The building main is a third layer — common property, controlled by the strata, not operable by the owner. → emergency-shutoffs (Home Systems)
Why it’s load-bearing: when a supply hose bursts, water floods at full pressure. If the fixture shutoff is seized (→ Seized Shutoff Valve Requires Whole-Home Water Shutoff as Fallback (Home Systems)), the in-suite main is the only thing standing between a quick stop and a flood into the unit below. Every second the water runs is additional damage and, in a strata, additional deductible exposure.
The one-time setup
- Find it — check utility closet → under kitchen sink → hallway panel → laundry area.
- Test it — close it slowly, confirm all taps stop, return to fully open. If it’s seized, call a plumber to replace it now, before you need it.
- Label it — “IN-SUITE MAIN — TURN CLOCKWISE TO CLOSE.”

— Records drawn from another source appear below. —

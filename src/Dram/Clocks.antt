-- ===== src/Dram/Clocks.antt =====
-- src/general/dram.h: the clocks of a node stay valid. A node remembers as many clocks of a command as
-- its timing entries look back; each is one of the run, or the -1 of the constructor; and no clock of
-- `next` is `clk_invalid`, which `check` would take for none.
use vans.Base.{
  ℕ, zero, suc, ◌+◌, ◌-◌, ◌^◌, ◌≤◌, ◌<◌, ◌≡◌, refl, sym, ap, ◌∙◌, ◌⊎◌, inl, inr, true, List, [],
  ◌∷◌, leb, get_or, pop_back, length, All, arith, Bool-cases, Partial,
}
use vans.Base.Bits.{add64}
use vans.Common.{clk_invalid}
use vans.Dram.Ddr4.{Level, State, Command, TimingEntry, Ddr4, ◌is◌, command_index}
use vans.Dram.Node.{Node, Dram, max_dist}
use vans.Dram.Nodes.Timed.{EveryNode, with_clk-EveryNode, update_state-EveryNode, update-EveryNode}
use vans.Dram.Tree.{
  wait_until, sibling_next, own_next, push_clk, own_timing, sibling_timing, update_state, with_clk,
  update,
}

-- No clock up to the horizon is carried past the valid ones, and an entry that looks further back than
-- the last command has a delay: the clock -1 wraps to one less than it.
pub record EntryOk (horizon : ℕ) (t : TimingEntry) : Type 0 where
  pub fits : horizon + t.delay < clk_invalid
  pub looks_back : t.dist ≤ t.delay + 1

abbrev pub TableOk : Ddr4 → ℕ → Type 0
TableOk spec horizon = (l : Level) (c : Command) → All (EntryOk horizon) (spec.timing_table l c)

abbrev IsPast : ℕ → ℕ → Type 0
IsPast horizon p = (p ≤ horizon) ⊎ (p ≡ 2 ^ 64 - 1)

pub record NodeOk (spec : Ddr4) (horizon : ℕ) (n : Node) : Type 0 where
  pub sized : (c : Command) → length (n.prev c) ≡ max_dist (spec.timing_table n.level c)
  pub recent : (c : Command) → All (IsPast horizon) (n.prev c)
  pub valid : (c : Command) → n.next c < clk_invalid

all_commands : List Command
all_commands =
    Command.act ∷ Command.pre ∷ Command.prea ∷ Command.rd ∷ Command.wr ∷ Command.rda ∷ Command.wra
    ∷ Command.ref ∷ Command.pde ∷ Command.pdx ∷ Command.sre ∷ Command.srx ∷ Command.undefined ∷ []

index-retract : (c : Command) → get_or all_commands (command_index c) Command.undefined ≡ c
unfolding all_commands
index-retract Command.act = refl
index-retract Command.pre = refl
index-retract Command.prea = refl
index-retract Command.rd = refl
index-retract Command.wr = refl
index-retract Command.rda = refl
index-retract Command.wra = refl
index-retract Command.ref = refl
index-retract Command.pde = refl
index-retract Command.pdx = refl
index-retract Command.sre = refl
index-retract Command.srx = refl
index-retract Command.undefined = refl

is-eq : (a b : Command) → (a is b) ≡ true → a ≡ b
is-eq a b h =
    let same : command_index a ≡ command_index b = ground arith in
    sym (index-retract a) ∙ ap (λ i. get_or all_commands i Command.undefined) same ∙ index-retract b

length-push_clk : (clk : ℕ) (ps : List ℕ) → length (push_clk clk ps) ≡ length ps
unfolding push_clk
length-push_clk clk [] = refl
length-push_clk clk (p ∷ []) = refl
length-push_clk clk (p ∷ (q ∷ ps)) = ap suc (length-push_clk clk (q ∷ ps))

All-pop_back : (P : ℕ → Type 0) (ps : List ℕ) → All P ps → All P (pop_back ps)
All-pop_back P [] h = tt
All-pop_back P (p ∷ []) h = tt
All-pop_back P (p ∷ (q ∷ ps)) h = (h.0, All-pop_back P (q ∷ ps) h.1)

All-push_clk : (P : ℕ → Type 0) (clk : ℕ) (ps : List ℕ) → P clk → All P ps → All P (push_clk clk ps)
unfolding push_clk
All-push_clk P clk [] h hs = tt
All-push_clk P clk (p ∷ ps) h hs = (h, All-pop_back P (p ∷ ps) hs)

get_or-All : (P : ℕ → Type 0) (ps : List ℕ) (i : ℕ) → P 0 → All P ps → P (get_or ps i 0)
get_or-All P [] i h hs = h
get_or-All P (p ∷ ps) zero h hs = hs.0
get_or-All P (p ∷ ps) (suc i) h hs = get_or-All P ps i h hs.1

first-push_clk :
    (clk horizon : ℕ) (ps : List ℕ) → clk ≤ horizon → get_or (push_clk clk ps) 0 0 ≤ horizon
unfolding push_clk
first-push_clk clk horizon [] h = omega arith
first-push_clk clk horizon (p ∷ ps) h = h

-- The clock that an entry asks for is valid.
entry-valid :
    (horizon clk : ℕ) (ps : List ℕ) (t : TimingEntry)
    → clk ≤ horizon
    → All (IsPast horizon) ps
    → EntryOk horizon t
    → add64 (get_or (push_clk clk ps) (t.dist - 1) 0) t.delay < clk_invalid
entry-valid horizon clk ps t h hs v =
    let fits = v.fits in
    let looks_back = v.looks_back in
    elim (Bool-cases (leb t.dist 1)) [
      | inl last ↦
          let at_zero : t.dist - 1 ≡ 0 = ground arith in
          rw at_zero (let f = first-push_clk clk horizon ps h in omega arith)
      | inr far ↦
          elim (get_or-All (IsPast horizon) (push_clk clk ps) (t.dist - 1) (inl (omega arith))
            (All-push_clk (IsPast horizon) clk ps (inl h) hs)) [
              | inl early ↦ omega arith
              | inr unset ↦ rw unset (ground arith)
            ]
    ]

wait_until-lt :
    (cmd : Command) (clk bound : ℕ) (next : Command → ℕ) (c : Command)
    → clk < bound
    → next c < bound
    → wait_until cmd clk next c < bound
unfolding wait_until
wait_until-lt cmd clk bound next c h k = ground arith

own_next-lt :
    (past : List ℕ) (entries : List TimingEntry) (next : Command → ℕ)
    → All (λ t. add64 (get_or past (t.dist - 1) 0) t.delay < clk_invalid) entries
    → ((c : Command) → next c < clk_invalid)
    → (c : Command) → own_next past entries next c < clk_invalid
unfolding own_next
own_next-lt past [] next hs h = h
own_next-lt past (t ∷ entries) next hs h = elim (Bool-cases t.has_sibling) [
  | inl skipped ↦ rw skipped (own_next-lt past entries next hs.1 h)
  | inr own ↦
      rw own
        (own_next-lt past entries _ hs.1 (λ c. wait_until-lt t.cmd _ clk_invalid next c hs.0 (h c)))
]

sibling_next-lt :
    (horizon clk : ℕ) (entries : List TimingEntry) (next : Command → ℕ)
    → clk ≤ horizon
    → All (EntryOk horizon) entries
    → ((c : Command) → next c < clk_invalid)
    → (c : Command) → sibling_next clk entries next c < clk_invalid
unfolding sibling_next
sibling_next-lt horizon clk [] next b hs h = h
sibling_next-lt horizon clk (t ∷ entries) next b hs h = elim (Bool-cases t.has_sibling) [
  | inr skipped ↦ rw skipped (sibling_next-lt horizon clk entries next b hs.1 h)
  | inl between ↦
      let f = hs.0.fits in
      rw between (
        sibling_next-lt horizon clk entries _ b hs.1
          (λ c. wait_until-lt t.cmd _ clk_invalid next c (omega arith) (h c)))
]

All-map :
    {P Q : TimingEntry → Type 0}
    → ((t : TimingEntry) → P t → Q t)
    → (ts : List TimingEntry) → All P ts
    → All Q ts
All-map f [] h = tt
All-map f (t ∷ ts) h = (f t h.0, All-map f ts h.1)

timed :
    (spec : Ddr4) (horizon : ℕ) (n : Node) (s : State) (rows : List (ℕ × State)) (clk : ℕ)
    → NodeOk spec horizon n
    → NodeOk spec horizon (record n { curr_state = s; row_state = rows; curr_clk = clk })
timed spec horizon n s rows clk v = record { sized = v.sized; recent = v.recent; valid = v.valid }

pub update_state-NodeOk :
    (spec : Ddr4) (horizon : ℕ) (cmd : Command) (addr : List ℕ) (clk : ℕ) {d : Dram}
    → EveryNode (NodeOk spec horizon) d
    → Partial (EveryNode (NodeOk spec horizon)) (update_state cmd addr (with_clk clk d))
update_state-NodeOk spec horizon cmd addr clk v =
    update_state-EveryNode (NodeOk spec horizon) (timed spec horizon) cmd addr
      (with_clk-EveryNode (NodeOk spec horizon) (timed spec horizon) clk v)

module _ (spec : Ddr4) (horizon : ℕ) (table : TableOk spec horizon) (cmd : Command) (clk : ℕ)
    (early : clk ≤ horizon) where
  own_timing-NodeOk :
      (n : Node) → NodeOk spec horizon n → NodeOk spec horizon (own_timing spec cmd clk n)
  unfolding own_timing
  own_timing-NodeOk n v = record {
    sized = λ c. elim (Bool-cases (c is cmd)) [
      | inl same ↦ rw (same, is-eq c cmd same) (length-push_clk clk (n.prev cmd) ∙ v.sized cmd)
      | inr other ↦ rw other (v.sized c)
    ];
    recent = λ c. elim (Bool-cases (c is cmd)) [
      | inl same ↦
          rw same (All-push_clk (IsPast horizon) clk (n.prev cmd) (inl early) (v.recent cmd))
      | inr other ↦ rw other (v.recent c)
    ];
    valid =
        own_next-lt (push_clk clk (n.prev cmd)) (spec.timing_table n.level cmd) n.next
          (All-map (λ t. entry-valid horizon clk (n.prev cmd) t early (v.recent cmd)) _
            (table n.level cmd))
          v.valid;
  }

  sibling_timing-NodeOk :
      (n : Node) → NodeOk spec horizon n → NodeOk spec horizon (sibling_timing spec cmd clk n)
  unfolding sibling_timing
  sibling_timing-NodeOk n v = record {
    sized = v.sized;
    recent = v.recent;
    valid =
        sibling_next-lt horizon clk (spec.timing_table n.level cmd) n.next early (table n.level cmd)
          v.valid;
  }

  pub update-NodeOk :
      (addr : List ℕ) {d : Dram}
      → EveryNode (NodeOk spec horizon) d
      → Partial (EveryNode (NodeOk spec horizon)) (update spec cmd addr clk d)
  update-NodeOk addr =
      update-EveryNode (NodeOk spec horizon) (timed spec horizon) spec cmd clk own_timing-NodeOk
        sibling_timing-NodeOk addr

- Photograph the location and store it with your emergency notes. → emergency-shutoffs (Home Systems)
Scope (what this does NOT cover)
- The building main / riser shutoff is common property — strata-controlled, not owner-operable → emergency-shutoffs (Home Systems)
- Per-fixture isolation is a separate layer → shutoff-valves (Home Systems)
- Detached homes have the equivalent at the house main near the meter or where the service enters — same principle, no strata involvement
Idea Compass
North: Where this comes from
- BC Plumbing Code Article 6.1.6 — the code requirement for per-suite isolation1
- shutoff-valves (Home Systems) — parent component note
East: Tensions / failure
- “I’ll find it when I need it” — searching for an unlabelled valve during an active flood is the failure this note exists to prevent
- the main itself can seize — it needs the same annual exercise as fixture valves → Annual Shutoff-Valve Exercise Prevents Mineral Seizure (Home Systems)
South: Where this leads
- emergency-shutoffs (Home Systems) — the full shutoff hierarchy (fixture → in-suite main → building main)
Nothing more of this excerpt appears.